:: RECORDS FOR THE TASK

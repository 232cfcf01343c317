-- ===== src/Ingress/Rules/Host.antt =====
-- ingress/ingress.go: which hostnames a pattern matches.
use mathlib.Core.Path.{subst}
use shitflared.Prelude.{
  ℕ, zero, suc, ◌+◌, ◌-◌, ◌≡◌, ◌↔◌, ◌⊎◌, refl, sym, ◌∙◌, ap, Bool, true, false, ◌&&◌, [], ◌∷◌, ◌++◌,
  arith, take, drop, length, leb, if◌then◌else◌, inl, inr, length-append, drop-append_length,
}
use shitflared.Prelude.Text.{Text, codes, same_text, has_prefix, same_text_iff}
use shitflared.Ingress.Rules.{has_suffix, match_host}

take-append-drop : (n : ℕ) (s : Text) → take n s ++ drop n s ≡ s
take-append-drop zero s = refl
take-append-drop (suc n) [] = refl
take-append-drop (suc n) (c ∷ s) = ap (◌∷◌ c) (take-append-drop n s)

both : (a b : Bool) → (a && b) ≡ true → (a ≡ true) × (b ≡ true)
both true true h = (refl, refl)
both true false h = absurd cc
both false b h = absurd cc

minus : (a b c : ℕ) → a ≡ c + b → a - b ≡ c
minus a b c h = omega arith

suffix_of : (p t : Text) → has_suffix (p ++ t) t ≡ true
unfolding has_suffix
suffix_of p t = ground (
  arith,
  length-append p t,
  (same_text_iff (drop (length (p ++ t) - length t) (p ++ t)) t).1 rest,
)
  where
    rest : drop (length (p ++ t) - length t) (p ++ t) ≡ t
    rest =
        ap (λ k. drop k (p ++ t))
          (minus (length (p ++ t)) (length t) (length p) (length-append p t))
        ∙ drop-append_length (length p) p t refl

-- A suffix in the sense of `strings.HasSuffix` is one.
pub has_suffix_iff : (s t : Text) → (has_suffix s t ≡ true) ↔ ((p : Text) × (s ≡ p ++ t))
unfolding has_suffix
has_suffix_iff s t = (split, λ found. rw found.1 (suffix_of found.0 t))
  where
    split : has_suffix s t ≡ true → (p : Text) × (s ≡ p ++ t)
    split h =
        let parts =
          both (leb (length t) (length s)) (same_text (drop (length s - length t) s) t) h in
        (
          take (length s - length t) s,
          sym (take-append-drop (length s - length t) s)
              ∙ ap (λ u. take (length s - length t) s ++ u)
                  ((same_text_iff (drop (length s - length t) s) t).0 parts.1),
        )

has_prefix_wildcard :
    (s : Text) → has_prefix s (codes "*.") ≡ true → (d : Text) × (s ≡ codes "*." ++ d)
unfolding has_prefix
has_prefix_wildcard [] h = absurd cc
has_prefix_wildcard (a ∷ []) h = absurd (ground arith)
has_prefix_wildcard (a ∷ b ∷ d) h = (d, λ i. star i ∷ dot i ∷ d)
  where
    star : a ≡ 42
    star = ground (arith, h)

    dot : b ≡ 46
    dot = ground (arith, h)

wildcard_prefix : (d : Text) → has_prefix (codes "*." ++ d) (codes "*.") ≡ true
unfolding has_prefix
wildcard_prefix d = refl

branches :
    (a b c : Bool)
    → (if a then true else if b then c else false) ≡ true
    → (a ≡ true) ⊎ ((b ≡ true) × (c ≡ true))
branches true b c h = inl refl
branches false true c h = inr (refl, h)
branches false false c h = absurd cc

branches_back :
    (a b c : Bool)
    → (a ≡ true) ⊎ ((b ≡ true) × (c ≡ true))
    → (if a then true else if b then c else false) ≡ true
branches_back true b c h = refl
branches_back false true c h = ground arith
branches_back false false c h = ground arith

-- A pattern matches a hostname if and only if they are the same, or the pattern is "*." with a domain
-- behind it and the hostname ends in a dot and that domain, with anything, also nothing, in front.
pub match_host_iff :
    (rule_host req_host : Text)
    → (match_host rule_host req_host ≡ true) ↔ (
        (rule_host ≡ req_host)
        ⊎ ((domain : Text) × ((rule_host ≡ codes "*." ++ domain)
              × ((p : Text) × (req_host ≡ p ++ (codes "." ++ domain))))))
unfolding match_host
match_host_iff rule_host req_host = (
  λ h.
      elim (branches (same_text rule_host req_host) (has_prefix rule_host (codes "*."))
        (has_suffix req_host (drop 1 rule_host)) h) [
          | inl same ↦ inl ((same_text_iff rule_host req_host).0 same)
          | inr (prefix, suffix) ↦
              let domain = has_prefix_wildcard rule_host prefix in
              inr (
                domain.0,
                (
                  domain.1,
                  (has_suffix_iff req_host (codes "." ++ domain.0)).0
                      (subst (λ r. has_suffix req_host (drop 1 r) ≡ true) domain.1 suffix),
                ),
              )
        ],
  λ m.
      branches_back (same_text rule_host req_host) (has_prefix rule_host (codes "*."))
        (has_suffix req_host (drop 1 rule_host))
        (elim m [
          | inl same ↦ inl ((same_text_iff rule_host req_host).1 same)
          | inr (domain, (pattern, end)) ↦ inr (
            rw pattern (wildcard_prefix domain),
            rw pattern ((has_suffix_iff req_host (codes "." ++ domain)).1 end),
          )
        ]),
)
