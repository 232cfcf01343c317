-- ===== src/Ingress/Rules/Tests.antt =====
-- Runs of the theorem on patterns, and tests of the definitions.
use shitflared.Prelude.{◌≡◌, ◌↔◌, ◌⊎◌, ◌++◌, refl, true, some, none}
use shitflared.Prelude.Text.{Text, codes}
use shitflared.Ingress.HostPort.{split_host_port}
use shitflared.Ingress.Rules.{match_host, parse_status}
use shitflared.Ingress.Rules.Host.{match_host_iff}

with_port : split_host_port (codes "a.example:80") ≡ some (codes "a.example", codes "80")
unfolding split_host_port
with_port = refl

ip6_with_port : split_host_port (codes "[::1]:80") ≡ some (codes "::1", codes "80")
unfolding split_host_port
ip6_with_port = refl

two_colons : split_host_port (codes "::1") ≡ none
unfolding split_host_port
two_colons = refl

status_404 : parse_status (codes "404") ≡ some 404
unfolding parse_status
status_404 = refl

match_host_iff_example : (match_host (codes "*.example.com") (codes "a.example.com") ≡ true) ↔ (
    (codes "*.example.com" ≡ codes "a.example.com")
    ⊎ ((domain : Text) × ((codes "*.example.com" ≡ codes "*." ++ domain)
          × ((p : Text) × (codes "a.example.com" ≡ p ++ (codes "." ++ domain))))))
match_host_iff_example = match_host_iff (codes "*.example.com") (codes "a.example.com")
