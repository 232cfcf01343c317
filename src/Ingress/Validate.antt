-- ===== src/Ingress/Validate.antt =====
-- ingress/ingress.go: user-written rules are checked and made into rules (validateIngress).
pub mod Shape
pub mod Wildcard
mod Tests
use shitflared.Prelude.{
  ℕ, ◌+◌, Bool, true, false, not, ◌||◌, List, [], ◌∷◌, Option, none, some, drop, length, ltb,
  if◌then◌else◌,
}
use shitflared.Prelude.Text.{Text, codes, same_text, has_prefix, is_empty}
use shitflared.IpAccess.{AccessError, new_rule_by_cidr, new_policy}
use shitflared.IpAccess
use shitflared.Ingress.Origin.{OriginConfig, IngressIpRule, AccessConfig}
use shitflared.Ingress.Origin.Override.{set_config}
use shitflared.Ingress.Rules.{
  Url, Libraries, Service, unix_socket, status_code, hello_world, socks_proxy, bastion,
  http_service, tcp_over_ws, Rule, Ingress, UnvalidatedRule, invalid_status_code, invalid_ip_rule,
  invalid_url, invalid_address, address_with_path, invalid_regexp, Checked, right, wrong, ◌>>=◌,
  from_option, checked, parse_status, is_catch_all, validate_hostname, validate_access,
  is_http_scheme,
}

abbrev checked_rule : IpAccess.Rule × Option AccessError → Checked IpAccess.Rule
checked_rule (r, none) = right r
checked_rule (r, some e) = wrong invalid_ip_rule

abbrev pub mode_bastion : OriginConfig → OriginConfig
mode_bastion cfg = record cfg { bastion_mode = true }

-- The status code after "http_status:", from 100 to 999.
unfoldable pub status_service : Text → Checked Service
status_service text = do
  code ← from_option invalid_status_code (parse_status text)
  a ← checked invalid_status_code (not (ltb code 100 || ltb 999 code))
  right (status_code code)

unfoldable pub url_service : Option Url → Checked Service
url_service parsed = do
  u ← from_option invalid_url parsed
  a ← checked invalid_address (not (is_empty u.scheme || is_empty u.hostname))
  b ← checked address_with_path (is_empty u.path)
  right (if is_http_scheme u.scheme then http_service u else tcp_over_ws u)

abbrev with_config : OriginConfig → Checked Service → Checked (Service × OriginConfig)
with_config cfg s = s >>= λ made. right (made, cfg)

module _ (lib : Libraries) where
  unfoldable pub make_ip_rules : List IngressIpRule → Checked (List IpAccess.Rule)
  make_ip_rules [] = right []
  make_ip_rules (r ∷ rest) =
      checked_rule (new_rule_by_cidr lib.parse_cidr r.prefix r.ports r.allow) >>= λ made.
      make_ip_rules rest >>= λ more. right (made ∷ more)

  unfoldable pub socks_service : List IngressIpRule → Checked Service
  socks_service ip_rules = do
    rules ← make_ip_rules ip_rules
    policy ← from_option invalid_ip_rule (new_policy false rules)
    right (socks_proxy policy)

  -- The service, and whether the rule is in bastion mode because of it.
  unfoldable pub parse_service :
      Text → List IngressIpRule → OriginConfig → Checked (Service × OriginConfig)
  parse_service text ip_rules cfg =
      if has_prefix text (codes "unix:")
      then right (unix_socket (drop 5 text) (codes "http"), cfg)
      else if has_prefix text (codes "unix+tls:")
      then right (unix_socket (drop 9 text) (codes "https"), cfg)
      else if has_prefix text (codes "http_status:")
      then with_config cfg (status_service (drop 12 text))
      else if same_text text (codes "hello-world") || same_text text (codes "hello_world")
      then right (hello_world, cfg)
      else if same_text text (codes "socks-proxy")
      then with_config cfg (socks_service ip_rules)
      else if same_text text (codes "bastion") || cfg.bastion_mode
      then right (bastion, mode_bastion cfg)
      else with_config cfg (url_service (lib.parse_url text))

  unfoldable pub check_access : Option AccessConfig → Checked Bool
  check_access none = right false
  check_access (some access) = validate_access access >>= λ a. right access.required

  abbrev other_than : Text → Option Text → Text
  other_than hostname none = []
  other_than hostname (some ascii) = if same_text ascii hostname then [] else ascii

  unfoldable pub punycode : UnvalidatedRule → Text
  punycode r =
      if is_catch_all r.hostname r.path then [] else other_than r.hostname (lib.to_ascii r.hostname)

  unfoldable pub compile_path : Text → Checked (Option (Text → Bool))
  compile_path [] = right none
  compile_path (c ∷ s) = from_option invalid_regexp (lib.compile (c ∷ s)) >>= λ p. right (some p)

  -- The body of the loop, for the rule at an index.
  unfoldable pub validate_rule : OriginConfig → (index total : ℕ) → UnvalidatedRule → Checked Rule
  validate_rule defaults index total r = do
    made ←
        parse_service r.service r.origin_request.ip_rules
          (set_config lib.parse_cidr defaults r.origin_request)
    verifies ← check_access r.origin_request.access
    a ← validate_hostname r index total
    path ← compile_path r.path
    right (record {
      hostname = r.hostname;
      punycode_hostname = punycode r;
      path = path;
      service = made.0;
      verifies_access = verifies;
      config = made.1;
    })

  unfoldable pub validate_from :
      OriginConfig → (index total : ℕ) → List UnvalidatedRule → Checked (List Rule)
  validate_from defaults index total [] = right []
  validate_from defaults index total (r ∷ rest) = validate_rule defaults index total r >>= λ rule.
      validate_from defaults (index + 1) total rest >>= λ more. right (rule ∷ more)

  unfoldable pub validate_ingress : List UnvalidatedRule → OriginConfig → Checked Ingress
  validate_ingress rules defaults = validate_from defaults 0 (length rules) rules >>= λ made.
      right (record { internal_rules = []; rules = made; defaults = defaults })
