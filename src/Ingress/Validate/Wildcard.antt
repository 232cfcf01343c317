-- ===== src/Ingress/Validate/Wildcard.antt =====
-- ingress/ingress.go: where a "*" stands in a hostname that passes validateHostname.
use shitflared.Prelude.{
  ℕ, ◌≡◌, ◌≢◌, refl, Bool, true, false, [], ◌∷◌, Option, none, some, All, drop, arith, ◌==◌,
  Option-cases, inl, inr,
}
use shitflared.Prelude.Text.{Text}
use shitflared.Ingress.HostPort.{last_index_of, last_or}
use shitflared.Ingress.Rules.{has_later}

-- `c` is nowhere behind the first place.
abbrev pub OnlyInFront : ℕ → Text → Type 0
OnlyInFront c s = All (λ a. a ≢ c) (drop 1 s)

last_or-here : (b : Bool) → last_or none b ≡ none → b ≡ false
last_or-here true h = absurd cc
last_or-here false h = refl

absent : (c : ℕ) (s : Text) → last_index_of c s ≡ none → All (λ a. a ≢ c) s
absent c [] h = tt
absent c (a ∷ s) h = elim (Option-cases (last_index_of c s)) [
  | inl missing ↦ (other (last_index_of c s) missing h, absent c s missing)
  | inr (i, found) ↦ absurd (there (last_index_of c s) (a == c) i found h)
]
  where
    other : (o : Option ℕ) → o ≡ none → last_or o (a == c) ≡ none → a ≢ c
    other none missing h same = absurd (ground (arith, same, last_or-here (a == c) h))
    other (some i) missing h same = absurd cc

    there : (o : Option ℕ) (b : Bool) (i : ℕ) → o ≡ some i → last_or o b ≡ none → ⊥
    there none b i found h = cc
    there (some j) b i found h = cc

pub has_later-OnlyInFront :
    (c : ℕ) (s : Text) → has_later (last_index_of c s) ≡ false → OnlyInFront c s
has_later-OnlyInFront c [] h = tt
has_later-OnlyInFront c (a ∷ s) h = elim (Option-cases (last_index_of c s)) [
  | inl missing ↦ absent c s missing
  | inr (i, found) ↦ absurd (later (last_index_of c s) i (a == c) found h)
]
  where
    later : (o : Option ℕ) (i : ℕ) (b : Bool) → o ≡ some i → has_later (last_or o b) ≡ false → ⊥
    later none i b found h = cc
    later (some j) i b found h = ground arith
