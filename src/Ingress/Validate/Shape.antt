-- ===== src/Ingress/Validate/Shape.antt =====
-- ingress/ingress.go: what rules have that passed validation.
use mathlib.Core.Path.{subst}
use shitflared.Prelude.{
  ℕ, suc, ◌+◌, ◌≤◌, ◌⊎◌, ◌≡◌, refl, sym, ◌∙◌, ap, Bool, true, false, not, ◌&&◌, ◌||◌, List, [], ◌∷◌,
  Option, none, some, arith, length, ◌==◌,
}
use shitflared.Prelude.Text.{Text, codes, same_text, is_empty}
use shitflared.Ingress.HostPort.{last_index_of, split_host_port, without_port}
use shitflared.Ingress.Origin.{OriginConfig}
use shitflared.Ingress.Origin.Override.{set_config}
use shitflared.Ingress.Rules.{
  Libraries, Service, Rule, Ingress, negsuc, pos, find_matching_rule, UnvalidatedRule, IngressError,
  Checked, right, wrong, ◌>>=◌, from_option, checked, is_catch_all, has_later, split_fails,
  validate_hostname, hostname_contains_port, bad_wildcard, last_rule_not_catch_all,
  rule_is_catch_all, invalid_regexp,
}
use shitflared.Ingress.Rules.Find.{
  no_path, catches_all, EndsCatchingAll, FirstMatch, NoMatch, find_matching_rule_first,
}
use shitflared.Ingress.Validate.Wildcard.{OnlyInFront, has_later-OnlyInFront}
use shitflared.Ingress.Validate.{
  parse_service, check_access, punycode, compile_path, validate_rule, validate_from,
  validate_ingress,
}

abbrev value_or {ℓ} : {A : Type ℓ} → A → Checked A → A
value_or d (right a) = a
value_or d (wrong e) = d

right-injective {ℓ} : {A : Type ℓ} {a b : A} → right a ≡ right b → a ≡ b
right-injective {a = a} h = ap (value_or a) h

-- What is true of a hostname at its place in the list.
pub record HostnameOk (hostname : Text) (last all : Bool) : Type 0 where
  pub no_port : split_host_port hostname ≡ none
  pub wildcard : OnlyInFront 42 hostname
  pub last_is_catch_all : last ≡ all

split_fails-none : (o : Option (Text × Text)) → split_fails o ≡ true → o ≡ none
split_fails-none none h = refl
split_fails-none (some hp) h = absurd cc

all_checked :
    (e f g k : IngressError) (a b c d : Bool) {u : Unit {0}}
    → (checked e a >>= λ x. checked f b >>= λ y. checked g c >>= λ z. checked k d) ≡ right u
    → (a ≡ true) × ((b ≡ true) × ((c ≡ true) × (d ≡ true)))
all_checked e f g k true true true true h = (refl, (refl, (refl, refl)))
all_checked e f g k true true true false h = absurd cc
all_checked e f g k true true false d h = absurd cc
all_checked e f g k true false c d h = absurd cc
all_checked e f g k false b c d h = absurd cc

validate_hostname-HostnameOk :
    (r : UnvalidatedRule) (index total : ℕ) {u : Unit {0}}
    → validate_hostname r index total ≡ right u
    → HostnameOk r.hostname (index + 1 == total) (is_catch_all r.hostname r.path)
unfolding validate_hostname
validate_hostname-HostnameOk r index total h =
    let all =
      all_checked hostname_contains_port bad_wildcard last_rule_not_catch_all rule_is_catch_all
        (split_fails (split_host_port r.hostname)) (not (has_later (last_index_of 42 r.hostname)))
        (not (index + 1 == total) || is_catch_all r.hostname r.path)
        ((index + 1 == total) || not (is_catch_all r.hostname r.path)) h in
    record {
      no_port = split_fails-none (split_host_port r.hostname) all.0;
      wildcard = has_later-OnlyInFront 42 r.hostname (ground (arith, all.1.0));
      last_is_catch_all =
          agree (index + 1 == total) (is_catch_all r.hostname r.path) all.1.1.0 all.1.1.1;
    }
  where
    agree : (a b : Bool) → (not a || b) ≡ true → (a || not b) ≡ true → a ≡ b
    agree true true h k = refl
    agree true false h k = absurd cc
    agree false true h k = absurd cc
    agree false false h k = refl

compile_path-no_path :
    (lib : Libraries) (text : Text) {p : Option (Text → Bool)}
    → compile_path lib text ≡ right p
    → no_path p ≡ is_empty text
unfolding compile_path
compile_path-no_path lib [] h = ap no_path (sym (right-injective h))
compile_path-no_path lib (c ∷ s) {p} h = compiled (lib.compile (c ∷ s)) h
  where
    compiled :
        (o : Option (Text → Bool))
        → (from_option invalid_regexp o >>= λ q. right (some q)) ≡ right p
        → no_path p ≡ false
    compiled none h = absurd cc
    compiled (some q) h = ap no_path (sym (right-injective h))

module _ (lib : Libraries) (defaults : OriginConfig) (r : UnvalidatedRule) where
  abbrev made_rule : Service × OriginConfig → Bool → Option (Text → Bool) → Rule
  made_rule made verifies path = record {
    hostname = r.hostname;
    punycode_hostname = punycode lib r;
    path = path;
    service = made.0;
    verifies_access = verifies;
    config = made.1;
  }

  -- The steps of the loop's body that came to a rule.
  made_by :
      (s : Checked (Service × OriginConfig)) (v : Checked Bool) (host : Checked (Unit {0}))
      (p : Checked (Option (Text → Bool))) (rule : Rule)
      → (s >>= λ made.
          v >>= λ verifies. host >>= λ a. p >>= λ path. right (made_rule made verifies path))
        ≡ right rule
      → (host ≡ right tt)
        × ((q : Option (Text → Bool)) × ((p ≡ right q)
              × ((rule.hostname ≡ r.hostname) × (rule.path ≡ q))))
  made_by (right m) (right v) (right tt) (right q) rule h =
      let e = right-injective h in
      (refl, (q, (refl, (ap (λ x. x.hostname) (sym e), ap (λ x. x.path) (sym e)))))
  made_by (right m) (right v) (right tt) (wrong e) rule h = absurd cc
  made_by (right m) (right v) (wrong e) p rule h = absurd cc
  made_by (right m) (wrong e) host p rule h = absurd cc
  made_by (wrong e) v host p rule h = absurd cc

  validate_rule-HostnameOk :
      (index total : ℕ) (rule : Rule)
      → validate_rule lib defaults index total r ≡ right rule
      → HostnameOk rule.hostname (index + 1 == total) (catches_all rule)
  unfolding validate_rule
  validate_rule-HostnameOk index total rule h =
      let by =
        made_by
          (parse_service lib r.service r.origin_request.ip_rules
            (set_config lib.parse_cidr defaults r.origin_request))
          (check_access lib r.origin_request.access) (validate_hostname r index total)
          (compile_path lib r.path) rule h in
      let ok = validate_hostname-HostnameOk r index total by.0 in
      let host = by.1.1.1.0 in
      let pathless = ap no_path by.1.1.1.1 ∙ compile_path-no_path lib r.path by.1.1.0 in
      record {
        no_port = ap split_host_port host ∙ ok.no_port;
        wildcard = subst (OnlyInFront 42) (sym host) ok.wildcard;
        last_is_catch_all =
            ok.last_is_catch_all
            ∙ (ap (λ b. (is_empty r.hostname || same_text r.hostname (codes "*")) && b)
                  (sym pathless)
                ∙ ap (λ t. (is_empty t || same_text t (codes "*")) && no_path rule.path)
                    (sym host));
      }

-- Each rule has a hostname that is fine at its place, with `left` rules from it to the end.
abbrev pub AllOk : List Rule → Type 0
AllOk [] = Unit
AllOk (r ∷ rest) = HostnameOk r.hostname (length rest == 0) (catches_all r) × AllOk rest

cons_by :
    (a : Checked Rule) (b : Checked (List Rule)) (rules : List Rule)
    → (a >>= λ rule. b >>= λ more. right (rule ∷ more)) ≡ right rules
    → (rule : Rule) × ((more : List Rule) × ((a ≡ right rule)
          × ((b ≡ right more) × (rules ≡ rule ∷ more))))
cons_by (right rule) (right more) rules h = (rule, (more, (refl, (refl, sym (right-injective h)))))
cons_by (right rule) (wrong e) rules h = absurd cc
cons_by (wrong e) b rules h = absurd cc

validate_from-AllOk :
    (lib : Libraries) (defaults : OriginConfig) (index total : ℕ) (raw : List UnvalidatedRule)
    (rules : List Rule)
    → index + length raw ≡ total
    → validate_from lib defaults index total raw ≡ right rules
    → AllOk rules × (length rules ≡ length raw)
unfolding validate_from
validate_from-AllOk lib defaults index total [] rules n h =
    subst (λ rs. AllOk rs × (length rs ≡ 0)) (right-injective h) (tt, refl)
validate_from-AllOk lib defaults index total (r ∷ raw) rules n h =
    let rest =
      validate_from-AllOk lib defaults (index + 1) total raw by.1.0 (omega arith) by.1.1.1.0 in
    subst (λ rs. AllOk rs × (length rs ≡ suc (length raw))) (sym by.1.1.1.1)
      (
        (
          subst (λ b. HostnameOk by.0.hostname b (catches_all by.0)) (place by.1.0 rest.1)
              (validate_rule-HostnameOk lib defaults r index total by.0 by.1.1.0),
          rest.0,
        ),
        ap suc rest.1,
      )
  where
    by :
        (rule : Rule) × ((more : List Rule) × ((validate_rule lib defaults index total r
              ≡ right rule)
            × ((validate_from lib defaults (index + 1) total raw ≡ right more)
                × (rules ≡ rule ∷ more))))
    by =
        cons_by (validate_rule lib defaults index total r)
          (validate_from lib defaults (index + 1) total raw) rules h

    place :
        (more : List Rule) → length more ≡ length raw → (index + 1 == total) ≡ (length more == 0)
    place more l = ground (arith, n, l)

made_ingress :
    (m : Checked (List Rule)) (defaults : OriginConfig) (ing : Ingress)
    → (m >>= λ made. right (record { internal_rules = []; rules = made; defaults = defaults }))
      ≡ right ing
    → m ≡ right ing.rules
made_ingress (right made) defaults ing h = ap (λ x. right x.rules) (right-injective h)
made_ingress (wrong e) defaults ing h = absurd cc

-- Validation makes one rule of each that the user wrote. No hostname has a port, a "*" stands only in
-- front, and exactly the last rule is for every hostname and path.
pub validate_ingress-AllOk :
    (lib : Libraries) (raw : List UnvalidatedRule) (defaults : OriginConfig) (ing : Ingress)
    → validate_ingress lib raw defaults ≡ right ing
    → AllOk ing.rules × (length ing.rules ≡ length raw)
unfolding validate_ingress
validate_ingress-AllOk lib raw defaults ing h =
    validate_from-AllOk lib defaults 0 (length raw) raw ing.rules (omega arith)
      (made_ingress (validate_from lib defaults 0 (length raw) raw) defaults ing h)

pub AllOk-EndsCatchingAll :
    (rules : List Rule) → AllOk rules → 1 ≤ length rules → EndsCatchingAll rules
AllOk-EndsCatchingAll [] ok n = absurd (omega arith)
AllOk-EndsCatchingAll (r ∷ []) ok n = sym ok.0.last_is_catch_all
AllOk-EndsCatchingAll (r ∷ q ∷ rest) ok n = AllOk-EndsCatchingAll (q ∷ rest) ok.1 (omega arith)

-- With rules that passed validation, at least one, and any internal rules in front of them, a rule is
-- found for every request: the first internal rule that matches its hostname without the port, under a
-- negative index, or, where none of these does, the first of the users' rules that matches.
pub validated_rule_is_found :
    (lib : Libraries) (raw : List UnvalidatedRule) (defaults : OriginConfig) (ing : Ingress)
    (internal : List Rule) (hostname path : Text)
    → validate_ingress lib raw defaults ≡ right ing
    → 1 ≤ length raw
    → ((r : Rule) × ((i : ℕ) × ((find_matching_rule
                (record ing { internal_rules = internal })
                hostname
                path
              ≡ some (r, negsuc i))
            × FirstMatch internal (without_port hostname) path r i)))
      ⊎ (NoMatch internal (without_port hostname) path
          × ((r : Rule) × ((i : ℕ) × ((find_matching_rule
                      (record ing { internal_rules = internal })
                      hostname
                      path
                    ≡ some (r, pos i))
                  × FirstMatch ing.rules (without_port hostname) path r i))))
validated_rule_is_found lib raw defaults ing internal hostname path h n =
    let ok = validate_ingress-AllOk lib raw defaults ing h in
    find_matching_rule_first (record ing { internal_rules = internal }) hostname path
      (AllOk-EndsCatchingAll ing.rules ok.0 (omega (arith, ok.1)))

::::

> _TRY IT_
In the data above, find the line with "else with_config cfg" and the line with "unfoldable pub validate_rule". Retype both, plus every line between them, exactly.

> _RESULT_
      else with_config cfg (url_service (lib.parse_url text))

  unfoldable pub check_access : Option AccessConfig → Checked Bool
  check_access none = right false
  check_access (some access) = validate_access access >>= λ a. right access.required

  abbrev other_than : Text → Option Text → Text
  other_than hostname none = []
  other_than hostname (some ascii) = if same_text ascii hostname then [] else ascii

  unfoldable pub punycode : UnvalidatedRule → Text
  punycode r =
      if is_catch_all r.hostname r.path then [] else other_than r.hostname (lib.to_ascii r.hostname)

  unfoldable pub compile_path : Text → Checked (Option (Text → Bool))
  compile_path [] = right none
  compile_path (c ∷ s) = from_option invalid_regexp (lib.compile (c ∷ s)) >>= λ p. right (some p)

  -- The body of the loop, for the rule at an index.
  unfoldable pub validate_rule : OriginConfig → (index total : ℕ) → UnvalidatedRule → Checked Rule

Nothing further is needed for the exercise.